TASK: Can you restate the lines of the entries below, word for word, from the first one through the line that includes "abbrev pub or_empty"?

#####

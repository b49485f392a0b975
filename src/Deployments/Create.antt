-- ===== src/Deployments/Create.antt =====
-- `create_deployment` and `update_deployment` of app/services/deployment_service.py.
use feature_asset_inventory.Base.{
  ℕ, String, Bool, true, false, Option, none, some, List, [], ◌∷◌, ◌++◌, ◌==◌, strip, or_none,
  is_none, if◌then◌else◌,
}
use feature_asset_inventory.Base.Http.{
  ok, raise_if, not_found, conflict, asset_not_found, closed_deployment,
}
use feature_asset_inventory.Store.Types.{DeploymentStatus}
use feature_asset_inventory.Store.Table.{Database, get_row, put_row, ids}
use feature_asset_inventory.Store.Rows.{
  Address, no_address, Deployment, DeploymentItem, asset_row, deployment_row, deployment_item_row,
}
use feature_asset_inventory.Store.Session.{Action, pure, query, modify, commit, ◌>>=◌, ◌>>◌}
use feature_asset_inventory.Reservation.AutoAssign.{AutoAssign, auto_assign_ids, dedupe, clean}
use feature_asset_inventory.Deployments.Check.{
  get_deployment, assert_asset_available_for_deployment, pick_for_deployment,
}

-- The arguments of `create_deployment`.
pub record DeploymentCreate : Type 0 where
  pub name : String
  pub type : Option String
  pub description : Option String
  pub notes : Option String
  pub target_date : Option ℕ
  pub target_location_id : Option ℕ
  pub target_address : Option Address
  pub asset_ids : List ℕ
  pub auto_assign : List AutoAssign
  pub actor_upn : Option String

abbrev pub or_empty : Option Address → Address
or_empty none = no_address
or_empty (some a) = a

abbrev pub new_deployment : DeploymentCreate → ℕ → Deployment
new_deployment p id = record {
  id = id;
  name = strip p.name;
  type = clean p.type;
  status = DeploymentStatus.planning;
  target_date = p.target_date;
  description = p.description;
  notes = p.notes;
  target_location_id = p.target_location_id;
  target_address = or_empty p.target_address;
  started_at = none;
  completed_at = none;
  cancelled_at = none;
  archived_at = none;
  completed_by_upn = none;
  cancelled_by_upn = none;
  archived_by_upn = none;
  created_by_upn = p.actor_upn;
  updated_by_upn = p.actor_upn;
}

-- The checks of one asset at a time. The items are only pending until the commit (the session does
-- not flush before a query), so every check sees the tables without them.
unfoldable pub check_items : ℕ → List ℕ → Action (Unit {0})
check_items deployment_id [] = pure tt
check_items deployment_id (aid ∷ aids) =
    let rest = check_items deployment_id aids in
    do
      query (λ db. raise_if (is_none (get_row aid db.assets)) (not_found (asset_not_found aid)))
      assert_asset_available_for_deployment aid (some deployment_id) false
      rest

module _ (d : Database) where
  unfoldable pub add_deployment_item :
      ℕ → ℕ → Option String → Option String → List DeploymentItem → List DeploymentItem
  add_deployment_item deployment_id asset_id role notes items =
      items
      ++ record {
        id = d.fresh (ids items);
        deployment_id = deployment_id;
        asset_id = asset_id;
        role = role;
        notes = notes;
      }
        ∷ []

  unfoldable pub add_deployment_items : ℕ → List ℕ → List DeploymentItem → List DeploymentItem
  add_deployment_items deployment_id [] items = items
  add_deployment_items deployment_id (aid ∷ aids) items =
      add_deployment_items deployment_id aids
        (add_deployment_item deployment_id aid none none items)

  insert_deployment : DeploymentCreate → Action Deployment
  insert_deployment p s =
      let deployment = new_deployment p (d.fresh (ids s.work.deployments)) in
      (
        ok deployment,
        record s { work = record s.work { deployments = s.work.deployments ++ deployment ∷ [] } },
      )

  unfoldable pub create_deployment : DeploymentCreate → Action Deployment
  unfolding insert_deployment
  create_deployment p = do
    more ← query (λ db. auto_assign_ids (pick_for_deployment db) p.auto_assign)
    let unique_ids = dedupe (p.asset_ids ++ more)
    deployment ← insert_deployment p
    check_items deployment.id unique_ids
    modify (λ db. record db {
      deployment_items = add_deployment_items deployment.id unique_ids db.deployment_items;
    })
    commit
    pure deployment

-- The row of a deployment written back, and the commit.
unfoldable pub save_deployment : Deployment → Action Deployment
save_deployment deployment = do
  modify (λ db. record db { deployments = put_row deployment db.deployments })
  commit
  pure deployment

-- `status in ("completed", "cancelled")`
abbrev pub is_closed : DeploymentStatus → Bool
is_closed DeploymentStatus.completed = true
is_closed DeploymentStatus.cancelled = true
is_closed _ = false

-- The arguments of `update_deployment`: `none` leaves the column alone.
pub record DeploymentUpdate : Type 0 where
  pub name : Option String
  pub type : Option String
  pub description : Option String
  pub notes : Option String
  pub target_date : Option ℕ
  pub target_location_id : Option ℕ
  pub target_address : Option Address
  pub actor_upn : Option String

module _ {A B : Type 0} where
  -- `if x is not None: column = f(x)`
  abbrev pub set_by : (A → B) → Option A → B → B
  set_by f none column = column
  set_by f (some a) column = f a

abbrev pub updated : DeploymentUpdate → Deployment → Deployment
updated u d = record d {
  name = set_by strip u.name d.name;
  type = set_by (λ t. or_none (strip t)) u.type d.type;
  description = set_by or_none u.description d.description;
  notes = set_by or_none u.notes d.notes;
  target_date = set_by some u.target_date d.target_date;
  target_location_id =
      set_by (λ (n : ℕ). if n == 0 then none else some n) u.target_location_id d.target_location_id;
  target_address = set_by (λ a. a) u.target_address d.target_address;
  updated_by_upn = u.actor_upn;
}

unfoldable pub update_deployment : ℕ → DeploymentUpdate → Action Deployment
unfolding save_deployment
update_deployment deployment_id u = do
  d ← query (get_deployment deployment_id)
  query (λ db. raise_if (is_closed d.status) (conflict closed_deployment))
  save_deployment (updated u d)
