-- ===== src/Deployments/Items.antt =====
-- `add_item` and `remove_item` of app/services/deployment_service.py.
use feature_asset_inventory.Base.{
  ℕ, String, Bool, ◌&&◌, not, Option, none, some, List, ◌==◌, first, is_none, if◌then◌else◌,
}
use feature_asset_inventory.Base.Http.{
  ok, raise_if, or_raise, not_found, conflict, asset_not_found, item_not_found, not_in_planning,
}
use feature_asset_inventory.Store.{Store}
use feature_asset_inventory.Store.Types.{is_planning}
use feature_asset_inventory.Store.Table.{Database, get_row, put_row, drop_row, ids}
use feature_asset_inventory.Store.Rows.{
  Deployment, DeploymentItem, asset_row, deployment_row, deployment_item_row,
}
use feature_asset_inventory.Store.Session.{Action, pure, query, modify, commit, ◌>>=◌, ◌>>◌}
use feature_asset_inventory.Deployments.Check.{
  get_deployment, assert_asset_available_for_deployment,
}
use feature_asset_inventory.Deployments.Create.{add_deployment_item}

unfoldable pub find_item : List DeploymentItem → ℕ → ℕ → Option DeploymentItem
find_item items deployment_id asset_id =
    first (λ i. i.deployment_id == deployment_id && i.asset_id == asset_id) items

-- `d.updated_by_upn = actor_upn`
abbrev pub touch_deployment : Deployment → Option String → Store → Store
touch_deployment d actor_upn db = record db {
  deployments = put_row (record d { updated_by_upn = actor_upn }) db.deployments;
}

-- What `add_item` is asked to write.
pub record ItemRequest : Type 0 where
  pub asset_id : ℕ
  pub role : Option String
  pub notes : Option String
  pub force : Bool
  pub actor_upn : Option String

-- The response: the item, and `released_from_deployment_id`.
pub record AddedItem : Type 0 where
  pub item : DeploymentItem
  pub released_from : Option ℕ

module _ (d : Database) where
  insert_item : ℕ → ItemRequest → Action DeploymentItem
  insert_item deployment_id r s = (
    ok (record {
      id = d.fresh (ids s.work.deployment_items);
      deployment_id = deployment_id;
      asset_id = r.asset_id;
      role = r.role;
      notes = r.notes;
    }),
    record s {
      work = record s.work {
        deployment_items =
            add_deployment_item d deployment_id r.asset_id r.role r.notes s.work.deployment_items;
      };
    },
  )

  -- An item that is there already is returned with no commit.
  add_if_new : Deployment → ℕ → ItemRequest → Option ℕ → Option DeploymentItem → Action AddedItem
  unfolding insert_item
  add_if_new deployment deployment_id r released (some existing) =
      pure (record { item = existing; released_from = released })
  add_if_new deployment deployment_id r released none = do
    item ← insert_item deployment_id r
    modify (touch_deployment deployment r.actor_upn)
    commit
    pure (record { item = item; released_from = released })

  unfoldable pub add_item : ℕ → ItemRequest → Action AddedItem
  unfolding add_if_new
  add_item deployment_id r = do
    deployment ← query (get_deployment deployment_id)
    query (λ db. raise_if (not (is_planning deployment.status)) (conflict not_in_planning))
    query (λ db.
        raise_if (is_none (get_row r.asset_id db.assets)) (not_found (asset_not_found r.asset_id)))
    released ← assert_asset_available_for_deployment r.asset_id (some deployment_id) r.force
    existing ← query (λ db. ok (find_item db.deployment_items deployment_id r.asset_id))
    add_if_new deployment deployment_id r released existing

abbrev pub item_of : ℕ → Option DeploymentItem → Option DeploymentItem
item_of deployment_id none = none
item_of deployment_id (some i) = if i.deployment_id == deployment_id then some i else none

unfoldable pub remove_item : ℕ → ℕ → Option String → Action (Unit {0})
remove_item deployment_id item_id actor_upn = do
  d ← query (get_deployment deployment_id)
  query (λ db. raise_if (not (is_planning d.status)) (conflict not_in_planning))
  item ← query (λ db.
      or_raise (item_of deployment_id (get_row item_id db.deployment_items))
        (not_found item_not_found))
  modify (λ db. record db { deployment_items = drop_row item.id db.deployment_items })
  modify (touch_deployment d actor_upn)
  commit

#####

YOUR SOLUTION:
repository b49485f392a0b975
filename src/Deployments/Create.antt
-- ===== src/Deployments/Create.antt =====
-- `create_deployment` and `update_deployment` of app/services/deployment_service.py.
use feature_asset_inventory.Base.{
  ℕ, String, Bool, true, false, Option, none, some, List, [], ◌∷◌, ◌++◌, ◌==◌, strip, or_none,
  is_none, if◌then◌else◌,
}
use feature_asset_inventory.Base.Http.{
  ok, raise_if, not_found, conflict, asset_not_found, closed_deployment,
}
use feature_asset_inventory.Store.Types.{DeploymentStatus}
use feature_asset_inventory.Store.Table.{Database, get_row, put_row, ids}
use feature_asset_inventory.Store.Rows.{
  Address, no_address, Deployment, DeploymentItem, asset_row, deployment_row, deployment_item_row,
}
use feature_asset_inventory.Store.Session.{Action, pure, query, modify, commit, ◌>>=◌, ◌>>◌}
use feature_asset_inventory.Reservation.AutoAssign.{AutoAssign, auto_assign_ids, dedupe, clean}
use feature_asset_inventory.Deployments.Check.{
  get_deployment, assert_asset_available_for_deployment, pick_for_deployment,
}

-- The arguments of `create_deployment`.
pub record DeploymentCreate : Type 0 where
  pub name : String
  pub type : Option String
  pub description : Option String
  pub notes : Option String
  pub target_date : Option ℕ
  pub target_location_id : Option ℕ
  pub target_address : Option Address
  pub asset_ids : List ℕ
  pub auto_assign : List AutoAssign
  pub actor_upn : Option String

abbrev pub or_empty : Option Address → Address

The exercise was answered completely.